溯黑水而上,行約十餘裏,就看到溝壑縱橫的黑山餘脈。放眼望去,遠近都是黑白色彩。既然叫黑山,顧名思義山體的顏色是黑色的;既然是冬天,山上是白雪皚皚。
“連城哥哥,我們還要走多久?”林飛雪不解地問道。
拓跋連城看了看冰麵上的積雪,說道:“河流彎彎曲曲,一直沒有看見支流,我們看到河流分叉的地方,就好了。”

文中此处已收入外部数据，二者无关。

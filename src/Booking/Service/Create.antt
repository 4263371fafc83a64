-- ===== src/Booking/Service/Create.antt =====
-- apps/services/booking-service/src/service/booking_service.rs: `create_booking`, and the answers
-- to a refusal of the availability check.
use mathlib.Core.Option
use our_driveway.Prelude.{ℕ, ◌+◌, ◌==◌, not, Option, none, some}
use our_driveway.Prelude.Int.{ℤ, pos, ◌*ℤ◌, quot_ℤ, i64}
use our_driveway.Prelude.Text.{Text}
use our_driveway.Prelude.Result.{
  MyError, api, Result, ok, err, Tx, ◌>>=◌, ◌>>◌, return, fail, gets, require, context,
}
use our_driveway.Shared.Slots.{Booked}
use our_driveway.Shared.Bookings.{BookingCreated, BookingEvent, Booking, created_row}
use our_driveway.Shared.Spots.{SpotMirror, bookable}
use our_driveway.Booking.Availability.{Rejection, closed, taken, malformed, check}
use our_driveway.Booking.Schedule.{Calendar, ends_at}
use our_driveway.Booking.Table.{
  Db, Stamp, find_booking, find_spot, taken_for_spot, upsert, write, publish,
}

pub record CreateBookingRequest : Type 0 where
  pub spot_id : ℕ
  pub booked : Booked
  pub license_plate : Text

-- The three readings of the clock in `create_booking`, in the order of the statements.
pub record Clock : Type 0 where
  pub read_at : ℕ
  pub hold_at : ℕ
  pub write_at : ℕ

-- `HOLD`, in milliseconds.
abbrev pub hold_ms : ℕ
hold_ms = 900000

abbrev pub not_ready : MyError
not_ready = api 409 "Not bookable yet"

unfoldable pub reject : Rejection → MyError
reject (closed date slot) = api 409 "Outside opening hours"
reject (taken date slot) = api 409 "Already booked"
reject malformed = api 400 "Invalid times"

-- `map_err(reject)?`
abbrev pub checked : Result Rejection ℤ → Tx Db ℤ
checked (ok m) = return m
checked (err r) = fail (reject r)

-- `minutes * price / 60`
unfoldable pub amount_of : ℤ → ℤ → ℤ
amount_of minutes price = quot_ℤ (i64 (minutes *ℤ price)) 60

module _ (cal : Calendar) (renter_id : ℕ) (request : CreateBookingRequest) (booking_id : ℕ)
    (stamp : Stamp) (clock : Clock) where
  open request use {spot_id, booked, license_plate}

  -- What is written for an authorised request, and the version it has.
  unfoldable pub reserve : ℕ → ℤ → ℕ → Tx Db ℤ
  reserve host_id amount_cents last =
      let created : BookingCreated = record {
        booking_id = booking_id;
        spot_id = spot_id;
        host_id = host_id;
        renter_id = renter_id;
        booked = booked;
        license_plate = license_plate;
        amount_cents = amount_cents;
        expires_at = clock.hold_at + hold_ms;
        ends_at = last;
      } in
      do
        write (upsert (created_row created clock.write_at (pos 1)))
        publish stamp spot_id booking_id (pos 1) (some renter_id) (BookingEvent.created created)
        return (pos 1)

  -- The checks, below the lock on the spot's row.
  unfoldable pub authorise_new : SpotMirror → Tx Db ℤ
  authorise_new spot = do
    (availability, price, host_id) ← context (bookable spot) not_ready
    require spot.active (api 409 "Unavailable")
    require (not (host_id == renter_id)) (api 409 "Not allowed")
    blocked ← gets (λ db. taken_for_spot spot_id clock.read_at db.bookings)
    minutes ← checked (check cal.weekday_of availability blocked booked)
    last ← context (Option.bind spot.timezone (ends_at cal booked)) not_ready
    reserve host_id (amount_of minutes price) last

  unfoldable pub existing_or_new : SpotMirror → Option Booking → Tx Db ℤ
  existing_or_new spot (some existing) = return existing.version
  existing_or_new spot none = authorise_new spot

  -- The transaction of `create_booking`: the version that the client waits for.
  unfoldable pub create_booking : Tx Db ℤ
  create_booking = do
    locked ← gets (λ db. find_spot spot_id db.spots)
    spot ← context locked (api 404 "Not Found")
    existing ← gets (λ db. find_booking booking_id db.bookings)
    existing_or_new spot existing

“我就不明白,為什麽要找河分叉的地方?難道是那裏的魚多?”林飛雪猜測道。
“是的。”拓跋連城看起來還是很認真的樣子。
林問玉說道:“連城你說究竟是什麽意思,我們也好討論一下是否可行?”
“其實很簡單,就是要找到河流分叉的地方。將流入黑城方向河道的水流攔截,河裏的水流向另外一條支流就好了。”拓跋連城解釋道。
林問玉不解地問:“這有什麽意義?”
拓跋連城娓娓道來:“當然有,河流下麵沒有水了,冰下麵就是一條通道。通往黑城裏的河流流水被攔截,既然河流流過鐵勒府那座假山邊上的湖泊,那麽冰下通道必然經過鐵勒府那座假山邊上的湖泊。正月二十二晚上,我從城外的冰河下潛入,利用河道形成的通道,再次探查鐵勒府。正月二十三那天一早,我會在假山邊上的湖麵下麵搞出點動靜,鐵勒府的獵犬就會經常的吼叫。而院子裏沒有任何異常,鐵勒府家丁就會放鬆警惕。那麽,晚上就是有獵犬吼叫,也不會引起注意。隻要天一黑外麵撩幹的火焰一起,外麵的竹鳶也會在鐵勒府上空盤旋,也會有火種從天而降,鐵勒府的柴房會再次起火。當他們的注意力全部集中在外圍襲擊的事情上,我就可以神不知鬼不覺地從湖麵的冰層下悄然上來,再闖一下天香欲煙。你們也說過,這個殺陣,隻要不調用真氣,就不會中毒。現在我具有這樣的條件,因為我身體內部根本就沒有什麽真氣,這難道不是天意嗎?”